Segment Open

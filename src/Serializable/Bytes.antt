-- ===== src/Serializable/Bytes.antt =====
-- include/util/serializable.h, bit sets: setting and reading the bits of one byte.
use cs4500project.Prelude.{
  ==_iff, Bool, ap, arith, false, if◌then◌else◌, ltb, not, refl, suc, true, zero, ℕ, ◌%◌, ◌&&◌, ◌*◌,
  ◌+◌, ◌/◌, ◌<◌, ◌==◌, ◌^◌, ◌||◌, ◌∙◌, ◌≡◌, ◌≤◌,
}
use Prim.Native.Nat.{bit_or}
use cs4500project.Serializable.{has_bit, to_bit}
use native.Mathlib.Nat.{pow-suc}

in_table : (entry : ℕ → Bool) (size : ℕ) → Bool
in_table entry zero = true
in_table entry (suc size) = in_table entry size && entry size

table-entry :
    (entry : ℕ → Bool) (size i : ℕ) → i < size → in_table entry size ≡ true → entry i ≡ true
unfolding in_table
table-entry entry zero i lt all_hold = absurd (omega arith)
table-entry entry (suc size) i lt all_hold = ground (arith, table-entry entry size i)

-- Below the bit that is set, `|` adds.
or_table :
    in_table
      (λ n.
        in_table
          (λ x.
            if ltb x (2 ^ n)
            then (bit_or x (1 * 2 ^ n) == x + 2 ^ n) && (bit_or x (0 * 2 ^ n) == x)
            else true)
          256)
      8
    ≡ true
unfolding in_table
or_table = refl

has_bit_table :
    in_table
      (λ n.
        in_table
          (λ x. has_bit x n && (x / 2 ^ n % 2 == 1) || not (has_bit x n) && (x / 2 ^ n % 2 == 0))
          256)
      8
    ≡ true
unfolding in_table has_bit
has_bit_table = refl

pub bit_or_add :
    (b : Bool) (x n : ℕ)
    → n < 8
    → x < 256
    → x < 2 ^ n
    → bit_or x (to_bit b * 2 ^ n) ≡ x + to_bit b * 2 ^ n
bit_or_add true x n hn hx h =
    let fact = table-entry _ 256 x hx (table-entry _ 8 n hn or_table) in
    let p : (bit_or x (1 * 2 ^ n) == x + 2 ^ n) ≡ true = ground arith in
    (==_iff _ _).0 p ∙ omega arith
bit_or_add false x n hn hx h =
    let fact = table-entry _ 256 x hx (table-entry _ 8 n hn or_table) in
    let p : (bit_or x (0 * 2 ^ n) == x) ≡ true = ground arith in (==_iff _ _).0 p ∙ omega arith

pub has_bit_div : (x n : ℕ) → n < 8 → x < 256 → has_bit x n ≡ (x / 2 ^ n % 2 == 1)
has_bit_div x n hn hx =
    let fact = table-entry _ 256 x hx (table-entry _ 8 n hn has_bit_table) in ground arith

pub div_add : (x p y : ℕ) → x < p → (x + p * y) / p ≡ y
div_add x p y h = grind arith

-- Bit `n` of a byte whose bits from `n` on are `b` and those of `q`.
pub has_bit_read :
    (b : Bool) (x n q : ℕ)
    → n < 8
    → x < 2 ^ n
    → x + 2 ^ n * (to_bit b + 2 * q) < 256
    → has_bit (x + 2 ^ n * (to_bit b + 2 * q)) n ≡ b
has_bit_read true x n q hn h small =
    has_bit_div _ n hn small ∙ rw (div_add x (2 ^ n) (1 + 2 * q) h) (ground arith)
has_bit_read false x n q hn h small =
    has_bit_div _ n hn small ∙ rw (div_add x (2 ^ n) (0 + 2 * q) h) (ground arith)

pow_table : in_table (λ n. ltb (2 ^ n) 257) 9 ≡ true
unfolding in_table
pow_table = refl

pub pow_le : (n : ℕ) → n ≤ 8 → 2 ^ n ≤ 256
pow_le n h = let e = table-entry (λ n. ltb (2 ^ n) 257) 9 n (omega arith) pow_table in ground arith

pub to_bit_le : (b : Bool) → to_bit b ≤ 1
to_bit_le true = omega arith
to_bit_le false = omega arith

pub next_lt : (b : Bool) (x n : ℕ) → x < 2 ^ n → x + to_bit b * 2 ^ n < 2 ^ suc n
next_lt true x n h = omega (arith, pow-suc 2 n)
next_lt false x n h = omega (arith, pow-suc 2 n)

pub shift_eq : (d x n q : ℕ) → x + d * 2 ^ n + 2 ^ suc n * q ≡ x + 2 ^ n * (d + 2 * q)
shift_eq d x n q = omega (arith, ap (λ (t : ℕ). t * q) (pow-suc 2 n))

Segment Closed

• [What is needed]:
How many of the lines in the material hold the word "false"? Give that number alone.

• [Result below]:
5